How Predictable PRNG Seeds Let Researchers Recover Encrypted Bitcoin Wallets

TLDR: Researchers at DEF CON 32 demonstrated how to recover passwords generated by the RoboForm password manager by exploiting a poorly seeded pseudo-random number generator (PRNG) that relies on system time. By identifying the specific system time used as a seed, they were able to precompute and regenerate the generated passwords. This research highlights the critical risk of using predictable seeds in cryptographic functions and provides a practical example of reverse engineering a closed-source application to extract sensitive data.

Security researchers often assume that established password managers handle entropy correctly, but this assumption can lead to catastrophic failures. When a password manager uses a PRNG seeded with a predictable value like system time, the entire security model collapses. This is exactly what happened with RoboForm, where a flaw in the password generation process allowed researchers to recover passwords by brute-forcing a significantly reduced keyspace.

The Mechanics of the Vulnerability

The core issue lies in how the application generates random numbers. A PRNG is deterministic by nature. If you know the seed, you know the output. In this case, the application used the system time—specifically the number of seconds since the Unix epoch—as the seed for its PRNG.

During their research, the team identified that the application called a system time function before invoking the PRNG. By using Cheat Engine to monitor memory and x64dbg to debug the process, they observed that the application was not just using the time, but was also performing additional, predictable manipulations on that value.

Because the seed was tied to a specific, narrow window of time, the total number of possible passwords was reduced from a massive, computationally infeasible space to a range that could be brute-forced in a matter of hours on a standard machine. This is a classic example of CWE-335: Incorrect Usage of Seeds in Pseudo-Random Number Generator (PRNG), a vulnerability that falls squarely under OWASP A02:2021-Cryptographic Failures.

Reverse Engineering the Logic

The team used Ghidra to decompile the binary and locate the password generation routine. They found that the application was not using a cryptographically secure source of entropy. Instead, it was calling a standard time function and then applying a fixed offset.

// Simplified representation of the flawed seeding logic
time_t seed = time(NULL);
seed = seed - offset; // The predictable manipulation
srand(seed);

By identifying this offset, the researchers could synchronize their own password generation tool with the target's internal clock. They built a custom wrapper in C that mimicked the application's generation logic. This allowed them to generate millions of potential passwords per second, effectively turning a "random" password into a deterministic sequence based on the time of creation.

Real-World Impact for Pentesters

For a pentester or bug bounty hunter, this research is a reminder to look beyond the surface of an application. When you encounter a feature that generates sensitive data—like tokens, keys, or passwords—always investigate the source of randomness. If you can influence or predict the seed, you can bypass the security controls entirely.

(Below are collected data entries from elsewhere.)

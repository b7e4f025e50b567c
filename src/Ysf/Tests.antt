-- ===== src/Ysf/Tests.antt =====
-- Concrete runs of the YSF client and of the bridge of ysf_bridge/main.go, with stand-ins for the
-- codecs.
use svx_reflector_dashboard.Base.{
  ℕ, ◌+◌, ◌*◌, ◌≡◌, ◌≤◌, ◌<◌, refl, arith, true, false, ◌||◌, none, some, List, [], ◌∷◌, ◌++◌, ltb,
  ◌==◌, length, replicate, holds_below, holds_below→holds,
}
use svx_reflector_dashboard.Base.Buffer.{Bytes, byte_at, make, write, all_bytes, all_bytes-All}
use svx_reflector_dashboard.Base.BitBuffer.{bit_at}
use svx_reflector_dashboard.Bridge.{Codecs, Config, is_foreign, equal_fold}
use svx_reflector_dashboard.Bridge.Frames.{in_frames, encode_all}
use svx_reflector_dashboard.Bridge.Feed.{samples}
use svx_reflector_dashboard.Xlx.Client.{trim_space}
use svx_reflector_dashboard.Xlx.Slow.{pad_callsign}
use svx_reflector_dashboard.Ysf.Codec.{decode_pairs, chainback, encode_ysf_conv}
use svx_reflector_dashboard.Ysf.Codec.RoundTrip.{chainback-encode_ysf_conv}
use svx_reflector_dashboard.Ysf.Packet.{
  fi_header, fi_comm, fi_term, YsfVoiceFrame, parse_ysfd, build_ysfd,
}
use svx_reflector_dashboard.Ysf.Packet.RoundTrip.{parse_ysfd-build_ysfd}
use svx_reflector_dashboard.Ysf.Voice.RoundTrip.{IsFrame, IsFive}
use svx_reflector_dashboard.Ysf.Client.{Settings, Tx, start_tx, stop_tx}
use svx_reflector_dashboard.Ysf.Client.Heard.{send_all, listen, IsOther, parts, listen-parts}
use svx_reflector_dashboard.Ysf.Bridge.{
  Bridge, Event, svx_audio, talker_start, talker_stop, voice, watchdog, encode_chunks, on_events,
}
use svx_reflector_dashboard.Ysf.Bridge.Talk.{drive, talk, listen-drive}
use svx_reflector_dashboard.Ysf.Bridge.Talkers.{track}
use svx_reflector_dashboard.Ysf.Bridge.Stream.{IsTimed, track_quiet}

abbrev n0brg : Bytes
n0brg = b'N' ∷ b'0' ∷ b'B' ∷ b'R' ∷ b'G' ∷ []

abbrev n0c : Bytes
n0c = b'N' ∷ b'0' ∷ b'C' ∷ []

abbrev sender : Settings
sender = record { callsign = n0brg; dgid = 32 }

abbrev listener : Settings
listener = record { callsign = n0c; dgid = 0 }

abbrev silent : Tx
silent = record { tx_counter = 0; tx_fn = 0; sent = [] }

others : IsOther listener sender
unfolding equal_fold trim_space pad_callsign write
others = refl

abbrev ambe : Bytes
ambe = 0xA5 ∷ 0x0F ∷ 0x33 ∷ 0xFF ∷ 0 ∷ 0x81 ∷ 0x80 ∷ []

ambe-IsFrame : IsFrame ambe
unfolding holds_below bit_at byte_at
ambe-IsFrame = record {
  bytes = all_bytes-All ambe (unfold all_bytes in refl);
  seven = refl;
  rest = λ j from to.
      let table : holds_below 56 (λ j. ltb j 49 || bit_at ambe j == 0) ≡ true = refl in
      let here = holds_below→holds 56 (λ j. ltb j 49 || bit_at ambe j == 0) table j to in
      ground arith;
}

five : IsFive (replicate 5 ambe)
five = record {
  five = refl;
  each = (ambe-IsFrame, (ambe-IsFrame, (ambe-IsFrame, (ambe-IsFrame, (ambe-IsFrame, tt)))));
}

listen-parts_example :
    listen listener
      (stop_tx sender
        (send_all sender (replicate 5 ambe ∷ replicate 5 ambe ∷ []) (start_tx sender silent))).sent
    ≡ record { kind = fi_header; number = 0; ends = false; voice = [] }
      ∷ parts 1 (replicate 5 ambe ∷ replicate 5 ambe ∷ [])
listen-parts_example =
    listen-parts listener sender (replicate 5 ambe ∷ replicate 5 ambe ∷ []) silent others
      (five, (five, tt)) refl

parse_ysfd-build_ysfd_example :
    parse_ysfd (build_ysfd n0brg n0c (b'A' ∷ b'L' ∷ b'L' ∷ []) 131 true 1 3 6 2 32 (replicate 90 7))
    ≡ some (record {
      src_gateway = pad_callsign n0brg 10;
      src_radio = pad_callsign n0c 10;
      dest = pad_callsign (b'A' ∷ b'L' ∷ b'L' ∷ []) 10;
      counter = 3;
      eot = true;
      fi = 1;
      fn = 3;
      ft = 6;
      dt = 2;
      dg_id = 32;
      payload = replicate 90 7;
    })
parse_ysfd-build_ysfd_example =
    parse_ysfd-build_ysfd n0brg n0c (b'A' ∷ b'L' ∷ b'L' ∷ []) 131 true 1 3 6 2 32 (replicate 90 7)
      refl

abbrev codecs : Codecs ℕ ℕ ℕ ℕ
codecs = record {
  opus_decode = λ d o. (d + 1, some (replicate 480 (length o)));
  opus_encode = λ e pcm. (e + 1, some (e ∷ []));
  voc_encode = λ v pcm. (v + 1, ambe);
  voc_decode = λ v a. (v + 1, replicate 160 5);
  shape = λ p pcm. (p + 1, pcm);
  reset = λ p. 0;
}

abbrev config : Config
config = record { svx_tg = 9; callsign = n0brg; redis = true }

abbrev idle : Bridge ℕ ℕ ℕ ℕ
idle = record {
  svx_talking = false;
  ysf_talking = false;
  ysf_stream_active = false;
  ysf_rx_last_frame = none;
  feed = record { opus_dec = 0; vocoder = 0; shaper = 4; buffer = 1 ∷ 2 ∷ [] };
  speaker = record { opus_enc = 0; vocoder = 0; shaper = 0; pcm_buffer = [] };
}

native : is_foreign codecs config 9 n0c ≡ false
unfolding is_foreign equal_fold
native = refl

abbrev opus_frames : List Bytes
opus_frames = (1 ∷ []) ∷ (1 ∷ 2 ∷ []) ∷ []

listen-drive_example :
    listen listener
      (drive sender (on_events codecs config (talk 9 n0c opus_frames) idle).1 silent).sent
    ≡ record { kind = fi_header; number = 0; ends = false; voice = [] }
      ∷ parts 1 (
          encode_all (encode_chunks codecs config 5) 0 (
            in_frames 800
              (length (samples codecs 0 0 opus_frames))
              (samples codecs 0 0 opus_frames)))
listen-drive_example =
    listen-drive codecs config listener sender 9 n0c opus_frames idle silent (λ v pcm. ambe-IsFrame)
      native refl others refl

-- A frame as another station sends it.
abbrev frame : ℕ → YsfVoiceFrame
frame kind = record {
  src_gateway = n0c;
  src_radio = n0c;
  dest = [];
  counter = 0;
  eot = false;
  fi = kind;
  fn = 0;
  ft = 6;
  dt = 2;
  dg_id = 0;
  payload = make 90;
}

abbrev stream : List (ℕ × YsfVoiceFrame)
stream = (5000, frame fi_header) ∷ (5100, frame fi_comm) ∷ (5200, frame fi_comm) ∷ []

-- A stream, a talker that breaks in on it, and the frames of a second stream.
abbrev crossing : List Event
crossing =
    voice 5000 (frame fi_header)
    ∷ voice 5100 (frame fi_comm)
    ∷ talker_start 9 n0c
    ∷ voice 5200 (frame fi_term)
    ∷ svx_audio (1 ∷ [])
    ∷ talker_stop 9 n0c
    ∷ watchdog 5300
    ∷ voice 5400 (frame fi_comm)
    ∷ []

idle-IsTimed : IsTimed codecs config 5400 idle
idle-IsTimed on = absurd (cc on)

track_quiet_example :
    track false (on_events codecs config (crossing ++ (watchdog 6500 ∷ [])) idle).1 ≡ some false
track_quiet_example =
    track_quiet codecs config 5400 6500 crossing idle (omega arith)
      (omega arith, (omega arith, (omega arith, (omega arith, tt)))) idle-IsTimed

abbrev bits : Bytes
bits = 0xB6 ∷ 0x0F ∷ []

abbrev wire : Bytes
wire = encode_ysf_conv bits (make 3) 12

zeros_behind : (t : ℕ) → 8 ≤ t → t < 12 → bit_at bits t ≡ 0
unfolding holds_below bit_at byte_at
zeros_behind t from to =
    let table : holds_below 12 (λ t. ltb t 8 || bit_at bits t == 0) ≡ true = refl in
    let here = holds_below→holds 12 (λ t. ltb t 8 || bit_at bits t == 0) table t to in ground arith

chainback-encode_ysf_conv_example :
    bit_at
      (chainback 8
        (decode_pairs 12 (λ t. bit_at wire (t * 2)) (λ t. bit_at wire (t * 2 + 1))).decisions
        0
        (make 1))
      2
    ≡ 1
unfolding make bit_at byte_at
chainback-encode_ysf_conv_example =
    chainback-encode_ysf_conv bits (make 3) (make 1) (λ t. bit_at wire (t * 2))
      (λ t. bit_at wire (t * 2 + 1)) 8 (omega arith) (omega arith) zeros_behind
      (λ t h. (refl, refl)) (omega arith) 2 (omega arith)
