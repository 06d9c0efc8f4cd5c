-- ===== src/Lib.antt =====
-- FRASS-F: face recognition attendance, on edge devices, an IoT backend and a web application.
--
-- How the parts interact. A device (edge/main.py) turns frames into results, sends them by
-- edge/comms/sync_client.py, and keeps in edge/sync/offline_store.py what the backend did not take.
-- The backend (backend/app.py) guards against replays, matches the embedding, and logs attendance.
-- The web application (app/) has accounts and logins, students with their faces, schedules, and
-- sessions in which marks are taken; fras_core/serialization.py writes the encodings that its workers
-- share.
--
-- Files, each with its children:
--   Base: lists, texts (code points), tables by key, dicts by text, decimal numbers, integers.
--   Edge.OfflineStore: edge/sync/offline_store.py. The queue, its bound, the file that `save` writes
--     and `load` reads, `flush` in batches.
--   Edge.SyncClient: edge/comms/sync_client.py. `send_result`, `send_batch` and the MQTT connection
--     over a network that is a parameter (`Network`).
--   Edge.EdgeDevice: edge/main.py. `_handle_result`, the nonce, one turn of the loop of `start`.
--   App: app/__init__.py, app/config.py, app/extensions.py, app/services/seed.py. `create_app` with the
--     Redis client over its contexts (`Startup`), and the default data (`Seed`).
--   Realtime: app/realtime/events.py. The rooms, and whom the broadcasts of `Attendance.Marks` reach.
--   EventQueue: app/services/event_queue.py. `Once` is about what raises, `Drain` about the end of
--     the stream.
--   Reports: app/services/export.py and the summary of app/api/reports.py. `Csv` is the writer of the
--     csv module, with a reader; `Html` is the table of the PDF.
--   Edge.DeviceConfig: edge/config/device_config.py. Defaults, file and environment, `merge`.
--   Edge.ConfigSync: `_sync_config` of edge/main.py, from the backend's configuration to the device's
--     file.
--   Edge.Pipeline: edge/inference/pipeline.py. The largest face, its crop, quality and liveness.
--   Liveness: app/services/liveness.py and app/services/antispoof.py. `Vision` is the quality, `Blocks`,
--     `Blink` and `Checks` the heuristic checks, `AntiSpoof` the model, `Detector` their fusion in
--     `analyze`; `Watch` is about sequences of frames.
--   Recognition: app/api/attendance.py, `_process_frame` and `recognize`: quality, liveness and
--     matching put together. The frame is processed in a thread without an application context, so
--     that a match raises (`Matches`), and nobody is marked (`Answers`).
--   Matching: the linear scan of app/services/face_engine.py (`_recognize_linear`).
--   Backend: backend/app.py. `State` has the tables and the caches; `Replay` is `check_replay`,
--     `Match` is `match_embedding`, `Results` is `_process_result`, `receive_result`, `sync_batch`;
--     `Devices` has their registration, configuration and health, `Keys` the API keys,
--     `Users` the registration of users, their verification and the logs, `Runs` any sequence of
--     such requests.
--   Attendance: app/services/attendance.py, app/api/attendance.py and app/models. `Sessions`, `Marks`,
--     `Status` (`_compute_status`), `Stats`,
--     `Ranges` (the rows of a day and of a range), and `Runs`, any sequence of requests.
--   Auth: app/auth and app/models/user.py. `Account`, `Login`, `Password` (registration, change of
--     password, second factor), `Session` (tokens and roles), `Admin` (app/api/admin.py:
--     changes and deletion of users, the pages of the audit log).
--   Students: app/api/students.py, with the memory of the face engine and the photos on disk.
--   FaceEngine: the encodings in memory and in Redis, app/services/face_engine.py and
--     app/services/engine.py.
--   Schedules: app/api/schedules.py and app/models/schedule.py.
--   Hardware: app/services/hardware.py.
--   Serialization: fras_core/serialization.py.
--   The modules named Tests hold runs on concrete inputs.
--
-- How state is modelled. A handler takes the tables and gives its answer and the tables as they are
-- committed; a raise is `none`, or the answer `server_error`, and what was not committed is dropped.
-- A query without an order reads rows in the order of insertion, and a new row has a key above all
-- others; the order of the audit log, which leaves entries of one time open, is a parameter of
-- `audit_log`. `create_app` takes the environment at the import of the configuration and the one
-- after `load_dotenv`. Photos that cannot be removed are a parameter of `delete_student`. Foreign keys are not enforced; unique constraints are. One request runs at a time. A clock
-- is read once in a request. Times are in microseconds, dates in days, scores in millionths.
--
-- Parameters, for code outside the repository: json, the network, the product of embeddings and
-- pgvector (`Backend`'s `Engine`), argon2 and werkzeug (`Passwords`), pyotp (`Totp`), Redis, base64
-- and the vision libraries (`Vision`), the bytes of numpy (`Vectors`), what the machine shows (`Machine`),
-- OpenCV and numpy on images (`Liveness.Vision`, `Edge.Pipeline.Runtime`), ONNX Runtime (`Onnx`), the
-- detection of faces (`Recognition.Engine`), floats of a configuration (`Floats`), Redis streams
-- (`Streams`), Flask-SocketIO (`Sockets`) and the writing of an event (`Writer`).
--
-- Bounds and fuel. The loop of `flush` and the digits of a number run on fuel: the loop on the length
-- of the queue and one more, since each turn takes at least one result or ends; the digits on the
-- number and one more. The loops over blocks of pixels run on the length of the image less 8, and each
-- turn goes on by 8. Numbers of `struct` have 32 bits, and a larger one raises.
--
-- Scores and weights of the liveness are exact fractions with a common denominator, where the code has
-- floats, and are rounded as `round` does where the code rounds.
--
-- Not modelled: floats beyond exact fractions (rates in percent, the memory limit of CUDA), image
-- processing, the making of tokens and cookies, rate limits, pages, mail, logging and metrics,
-- non-ASCII digits and letters in patterns and in `int`, threads, and the parts that only call a
-- library.
pub mod App
pub mod Attendance
pub mod Auth
pub mod Backend
pub mod Base
pub mod Edge
pub mod EventQueue
pub mod FaceEngine
pub mod Hardware
pub mod Liveness
pub mod Matching
pub mod Realtime
pub mod Recognition
pub mod Reports
pub mod Schedules
pub mod Serialization
pub mod Students
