-- ===== src/Base/Tables.antt =====
-- A database table as its rows by primary key, in insertion order; also a Python dict.
use Prim.Native.Nat.{ℕ, suc, ◌≤◌, max}
use mathlib.Core.Path.{◌≡◌, refl}
use mathlib.Core.Bool.{Bool, true, false}
use mathlib.Core.Option.{Option, none, some}
use mathlib.Core.List.{List, [], ◌∷◌, ◌++◌}
use native.Mathlib.Omega.{arith}
use mathlib.Core.Path.{subst}
use mathlib.Core.Logic.{inl, inr}
use frass_f.Base.Tests.{◌==◌, if◌then◌else◌, Bool-cases}
use frass_f.Base.Lists.{All, count_if}

abbrev pub Table {ℓ} : Type ℓ → Type ℓ
Table V = List (ℕ × V)

module _ {ℓ} {V : Type ℓ} where
  -- `db.session.get(Model, k)`, `d.get(k)`
  unfoldable pub lookup : ℕ → Table V → Option V
  lookup k [] = none
  lookup k ((j, v) ∷ t) = if j == k then some v else lookup k t

  -- The row `k` written, and added at the end where it is not there.
  unfoldable pub insert : ℕ → V → Table V → Table V
  insert k v [] = (k, v) ∷ []
  insert k v ((j, w) ∷ t) = if j == k then (j, v) ∷ t else (j, w) ∷ insert k v t

  -- `db.session.delete(row)`, `d.pop(k, None)`
  unfoldable pub erase : ℕ → Table V → Table V
  erase k [] = []
  erase k ((j, w) ∷ t) = if j == k then erase k t else (j, w) ∷ erase k t

  -- `Model.query.filter(p).first()`, the row with its key
  unfoldable pub first_where : (V → Bool) → Table V → Option (ℕ × V)
  first_where p [] = none
  first_where p ((j, v) ∷ t) = if p v then some (j, v) else first_where p t

  -- Every row that passes the test is rewritten.
  unfoldable pub update_where : (V → Bool) → (V → V) → Table V → Table V
  update_where p f [] = []
  update_where p f ((j, v) ∷ t) = (j, (if p v then f v else v)) ∷ update_where p f t

  -- A key above every key: the next value of an autoincrement column.
  unfoldable pub next_id : Table V → ℕ
  next_id [] = 1
  next_id ((j, v) ∷ t) = max (suc j) (next_id t)

  pub lookup-insert :
      (k j : ℕ) (v : V) (t : Table V)
      → lookup j (insert k v t) ≡ (if k == j then some v else lookup j t)
  unfolding lookup insert
  lookup-insert k j v [] = refl
  lookup-insert k j v ((i, w) ∷ t) = ground (arith, lookup-insert k j v t)

  pub lookup-erase :
      (k j : ℕ) (t : Table V) → lookup j (erase k t) ≡ (if k == j then none else lookup j t)
  unfolding lookup erase
  lookup-erase k j [] = ground arith
  lookup-erase k j ((i, w) ∷ t) = ground (arith, lookup-erase k j t)

  pub lookup-next_id : (k : ℕ) (t : Table V) → next_id t ≤ k → lookup k t ≡ none
  unfolding lookup next_id
  lookup-next_id k [] h = refl
  lookup-next_id k ((i, w) ∷ t) h = ground (arith, lookup-next_id k t)

  pub first_where-passes :
      (p : V → Bool) (t : Table V) (j : ℕ) (v : V) → first_where p t ≡ some (j, v) → p v ≡ true
  unfolding first_where
  first_where-passes p [] j v h = ground arith
  first_where-passes p ((i, w) ∷ t) j v h = ground (arith, first_where-passes p t j v)

  -- The values of the rows.
  abbrev pub values : Table V → List V
  values [] = []
  values ((j, v) ∷ t) = v ∷ values t

  -- A row with a new key goes to the end.
  pub values-insert :
      (k : ℕ) (v : V) (t : Table V) → next_id t ≤ k → values (insert k v t) ≡ values t ++ (v ∷ [])
  unfolding insert next_id
  values-insert k v [] h = refl
  values-insert k v ((j, w) ∷ t) h = ground (arith, values-insert k v t)

  pub next_id-update_where :
      (p : V → Bool) (f : V → V) (t : Table V) → next_id (update_where p f t) ≡ next_id t
  unfolding next_id update_where
  next_id-update_where p f [] = refl
  next_id-update_where p f ((j, w) ∷ t) = rw (next_id-update_where p f t)

  -- What rewriting all rows does to one of them.
  pub lookup-update_where :
      (p : V → Bool) (f : V → V) (k : ℕ) (v : V) (t : Table V)
      → lookup k t ≡ some v
      → lookup k (update_where p f t) ≡ some (if p v then f v else v)
  unfolding lookup update_where
  lookup-update_where p f k v [] h = ground arith
  lookup-update_where p f k v ((j, w) ∷ t) h = ground (arith, lookup-update_where p f k v t)

  -- The first row that passes, rewritten so that it passes still, is the first.
  pub first_where-insert :
      (p : V → Bool) (i : ℕ) (u v : V) (t : Table V)
      → first_where p t ≡ some (i, u)
      → p v ≡ true
      → first_where p (insert i v t) ≡ some (i, v)
  unfolding first_where insert
  first_where-insert p i u v [] h q = ground arith
  first_where-insert p i u v ((j, w) ∷ t) h q = ground (arith, first_where-insert p i u v t)

  -- What a row with a new key is to the search of the first.
  pub first_where-insert_new :
      (p : V → Bool) (k : ℕ) (v : V) (t : Table V)
      → next_id t ≤ k
      → first_where p (insert k v t)
        ≡ (elim (first_where p t) [ none ↦ (if p v then some (k, v) else none) | some x ↦ some x ])
  unfolding first_where insert next_id
  first_where-insert_new p k v [] h = refl
  first_where-insert_new p k v ((j, w) ∷ t) h = elim (Bool-cases (p w)) [
    | inl e ↦ ground arith
    | inr e ↦ ground (arith, first_where-insert_new p k v t)
  ]

  -- A row rewritten to one that the test takes alike.
  pub count_if-insert :
      (p : V → Bool) (k : ℕ) (u v : V) (t : Table V)
      → lookup k t ≡ some u
      → p v ≡ p u
      → count_if p (values (insert k v t)) ≡ count_if p (values t)
  unfolding lookup insert
  count_if-insert p k u v [] h e = ground arith
  count_if-insert p k u v ((j, w) ∷ t) h e = ground (arith, count_if-insert p k u v t)

  -- `Model.query.filter(p).delete()`
  unfoldable pub erase_where : (V → Bool) → Table V → Table V
  erase_where p [] = []
  erase_where p ((j, w) ∷ t) = let rest = erase_where p t in if p w then rest else (j, w) ∷ rest

  -- What one test counts after the rows of another are gone that it excludes, or is.
  pub count_if-erase_where :
      (p : V → Bool) (t : Table V) → count_if p (values (erase_where p t)) ≡ 0
  unfolding erase_where
  count_if-erase_where p [] = refl
  count_if-erase_where p ((j, w) ∷ t) = ground (arith, count_if-erase_where p t)

  pub count_if-erase_where_other :
      (p q : V → Bool) (t : Table V)
      → ((v : V) → q v ≡ true → p v ≡ false)
      → count_if q (values (erase_where p t)) ≡ count_if q (values t)
  unfolding erase_where
  count_if-erase_where_other p q [] h = refl
  count_if-erase_where_other p q ((j, w) ∷ t) h =
      let rest = count_if-erase_where_other p q t h in let excluded = h w in ground arith

-- What holds of every value.
module _ {ℓ κ} {V : Type ℓ} (P : V → Type κ) where
  pub All-insert :
      (k : ℕ) (v : V) (t : Table V) → P v → All P (values t) → All P (values (insert k v t))
  unfolding insert
  All-insert k v [] h a = (h, tt)
  All-insert k v ((j, w) ∷ t) h a = elim (Bool-cases (j == k)) [
    | inl e ↦ rw e (h, a.1)
    | inr e ↦ rw e (a.0, All-insert k v t h a.1)
  ]

  pub All-erase : (k : ℕ) (t : Table V) → All P (values t) → All P (values (erase k t))
  unfolding erase
  All-erase k [] a = a
  All-erase k ((j, w) ∷ t) a = elim (Bool-cases (j == k)) [
    | inl e ↦ rw e (All-erase k t a.1)
    | inr e ↦ rw e (a.0, All-erase k t a.1)
  ]

  pub All-lookup : (k : ℕ) (v : V) (t : Table V) → lookup k t ≡ some v → All P (values t) → P v
  unfolding lookup
  All-lookup k v [] h a = absurd (ground arith)
  All-lookup k v ((j, w) ∷ t) h a = elim (Bool-cases (j == k)) [
    | inl e ↦ let same : w ≡ v = ground arith in subst P same a.0
    | inr e ↦ All-lookup k v t (ground arith) a.1
  ]
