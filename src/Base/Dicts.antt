-- ===== src/Base/Dicts.antt =====
-- A Python dict, or a table, with texts for keys.
use mathlib.Core.Path.{◌≡◌, refl, ◌∙◌}
use mathlib.Core.Bool.{Bool, true, false}
use mathlib.Core.Option.{Option, none, some}
use mathlib.Core.List.{List, [], ◌∷◌}
use mathlib.Core.Logic.{inl, inr}
use native.Mathlib.Omega.{arith}
use frass_f.Base.Tests.{if◌then◌else◌, Bool-cases}
use frass_f.Base.Strings.{Text, text_eq, text_eq_iff}

abbrev pub Dict {ℓ} : Type ℓ → Type ℓ
Dict V = List (Text × V)

-- The value of the first, or else of the second.
abbrev pub first_of {ℓ} : {A : Type ℓ} → Option A → Option A → Option A
first_of none b = b
first_of (some a) b = some a

module _ {ℓ} {V : Type ℓ} where
  -- `d.get(k)`
  unfoldable pub get : Text → Dict V → Option V
  get k [] = none
  get k ((j, v) ∷ d) = if text_eq j k then some v else get k d

  -- `d[k] = v`
  unfoldable pub put : Text → V → Dict V → Dict V
  put k v [] = (k, v) ∷ []
  put k v ((j, w) ∷ d) = if text_eq j k then (j, v) ∷ d else (j, w) ∷ put k v d

  -- The entries whose value passes the test.
  unfoldable pub filter_values : (V → Bool) → Dict V → Dict V
  filter_values p [] = []
  filter_values p ((j, w) ∷ d) = if p w then (j, w) ∷ filter_values p d else filter_values p d

  pub get-put :
      (k j : Text) (v : V) (d : Dict V)
      → get j (put k v d) ≡ (if text_eq k j then some v else get j d)
  unfolding get put
  get-put k j v [] = refl
  get-put k j v ((i, w) ∷ d) =
      ground (arith, text_eq_iff k j, text_eq_iff i k, text_eq_iff i j, get-put k j v d)

  -- A filter keeps a key whose first entry passes.
  pub get-filter_values :
      (p : V → Bool) (k : Text) (v : V) (d : Dict V)
      → get k d ≡ some v
      → p v ≡ true
      → get k (filter_values p d) ≡ some v
  unfolding get filter_values
  get-filter_values p k v [] h q = h
  get-filter_values p k v ((j, w) ∷ d) h q = ground (arith, get-filter_values p k v d)

  -- `base.update(overrides)`
  unfoldable pub update_all : Dict V → Dict V → Dict V
  unfolding put
  update_all base [] = base
  update_all base ((k, v) ∷ overrides) = update_all (put k v base) overrides

  -- No key twice, as in a dict that is read from JSON.
  abbrev pub Distinct : Dict V → Type ℓ
  Distinct [] = Unit
  Distinct ((k, v) ∷ d) = (get k d ≡ none) × Distinct d

  pub get-update_all :
      (k : Text) (base d : Dict V)
      → Distinct d
      → get k (update_all base d) ≡ first_of (get k d) (get k base)
  unfolding get update_all
  get-update_all k base [] h = refl
  get-update_all k base ((j, v) ∷ d) h =
      let rest = get-update_all k (put j v base) d h.1 in
      let there = get-put j k v base in let unique = h.0 in ground (arith, text_eq_iff j k)

  pub put-Distinct : (k : Text) (v : V) (d : Dict V) → Distinct d → Distinct (put k v d)
  unfolding get put
  put-Distinct k v [] h = (refl, tt)
  put-Distinct k v ((j, w) ∷ d) h = elim (Bool-cases (text_eq j k)) [
    | inl t ↦ rw t (h.0, h.1)
    | inr f ↦
        let apart : text_eq k j ≡ false = ground (arith, text_eq_iff j k, text_eq_iff k j) in
        rw f (get-put k j v d ∙ rw apart h.0, put-Distinct k v d h.1)
  ]

  pub update_all-Distinct : (base d : Dict V) → Distinct base → Distinct (update_all base d)
  unfolding update_all
  update_all-Distinct base [] h = h
  update_all-Distinct base ((k, v) ∷ d) h =
      update_all-Distinct (put k v base) d (put-Distinct k v base h)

In a real-world engagement, you might encounter this when auditing thick-client applications or embedded devices that lack access to high-quality entropy sources. If you see an application generating credentials, check if those credentials exhibit patterns or if they can be reproduced by manipulating the system clock. The impact of such a flaw is total compromise of the protected data, as demonstrated by the recovery of a Bitcoin wallet encrypted with a RoboForm-generated password.

Defensive Recommendations

Developers must stop using system time as a seed for any security-sensitive operation. Instead, use cryptographically secure PRNGs provided by the operating system, such as /dev/urandom on Linux or BCryptGenRandom on Windows. These sources gather entropy from hardware noise and other unpredictable system events, making them resistant to the type of time-based prediction shown here.

If you are a developer, audit your codebase for any instance of srand() or similar functions that take a time-based seed. If you find them, replace them immediately with modern, secure alternatives. For those of us on the offensive side, keep digging into these implementations. The next time you see a "random" password generator, don't just assume it's secure—test the entropy, verify the seed, and see if you can break the determinism. The most interesting bugs are often hidden in the parts of the code that developers thought were "random enough."